DATA PROVIDED »
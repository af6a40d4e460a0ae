-- ===== src/Bytes.antt =====
-- The big-endian numbers of src/utilities.cpp. `uint8_t *p` is a memory and a position in it.
-- The C code copies through the object representation of the value, on a little-endian host.
pub mod RoundTrip
use bls.Base.{ℕ, ◌+◌, ◌*◌, ◌/◌, ◌%◌, ◌^◌, List, [], ◌∷◌, Mem, poke}

-- Byte `k` of the object representation of an unsigned number, `pp[k]`.
abbrev pub byte : ℕ → ℕ → ℕ
byte v k = (v / 2 ^ (8 * k)) % 256

unfoldable pub read_1bytes : Mem → ℕ → ℕ
read_1bytes m p = m p

unfoldable pub read_2bytes : Mem → ℕ → ℕ
read_2bytes m p = m p * 256 + m (p + 1)

unfoldable pub read_3bytes : Mem → ℕ → ℕ
read_3bytes m p = m p * 2 ^ 16 + m (p + 1) * 256 + m (p + 2)

unfoldable pub read_4bytes : Mem → ℕ → ℕ
read_4bytes m p = m p * 2 ^ 24 + m (p + 1) * 2 ^ 16 + m (p + 2) * 256 + m (p + 3)

-- `int64_t`, as its bit pattern.
unfoldable pub read_8bytes : Mem → ℕ → ℕ
unfolding read_4bytes
read_8bytes m p = read_4bytes m p * 2 ^ 32 + read_4bytes m (p + 4)

abbrev pub bytes_1 : ℕ → List ℕ
bytes_1 v = byte v 0 ∷ []

abbrev pub bytes_2 : ℕ → List ℕ
bytes_2 v = byte v 1 ∷ byte v 0 ∷ []

abbrev pub bytes_3 : ℕ → List ℕ
bytes_3 v = byte v 2 ∷ byte v 1 ∷ byte v 0 ∷ []

abbrev pub bytes_4 : ℕ → List ℕ
bytes_4 v = byte v 3 ∷ byte v 2 ∷ byte v 1 ∷ byte v 0 ∷ []

-- `*(uint32_t *) p = v`
abbrev pub host_4 : ℕ → List ℕ
host_4 v = byte v 0 ∷ byte v 1 ∷ byte v 2 ∷ byte v 3 ∷ []

unfoldable pub write_1bytes : Mem → ℕ → ℕ → Mem
write_1bytes m p v = poke m p (bytes_1 v)

unfoldable pub write_2bytes : Mem → ℕ → ℕ → Mem
write_2bytes m p v = poke m p (bytes_2 v)

unfoldable pub write_3bytes : Mem → ℕ → ℕ → Mem
write_3bytes m p v = poke m p (bytes_3 v)

unfoldable pub write_4bytes : Mem → ℕ → ℕ → Mem
write_4bytes m p v = poke m p (bytes_4 v)

unfoldable pub write_8bytes : Mem → ℕ → ℕ → Mem
write_8bytes m p v =
    poke m p
      (byte v 7 ∷ byte v 6 ∷ byte v 5 ∷ byte v 4 ∷ byte v 3 ∷ byte v 2 ∷ byte v 1 ∷ byte v 0 ∷ [])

THE TASK » In the data above, find the line that contains "unfolding read_4bytes" and the line that contains "host_4 v = byte". Repeat exactly those lines and every line between them, and only those.

REPLY TO THE TASK »
unfolding read_4bytes
read_8bytes m p = read_4bytes m p * 2 ^ 32 + read_4bytes m (p + 4)

abbrev pub bytes_1 : ℕ → List ℕ
bytes_1 v = byte v 0 ∷ []

abbrev pub bytes_2 : ℕ → List ℕ
bytes_2 v = byte v 1 ∷ byte v 0 ∷ []

abbrev pub bytes_3 : ℕ → List ℕ
bytes_3 v = byte v 2 ∷ byte v 1 ∷ byte v 0 ∷ []

abbrev pub bytes_4 : ℕ → List ℕ
bytes_4 v = byte v 3 ∷ byte v 2 ∷ byte v 1 ∷ byte v 0 ∷ []

-- `*(uint32_t *) p = v`
abbrev pub host_4 : ℕ → List ℕ
host_4 v = byte v 0 ∷ byte v 1 ∷ byte v 2 ∷ byte v 3 ∷ []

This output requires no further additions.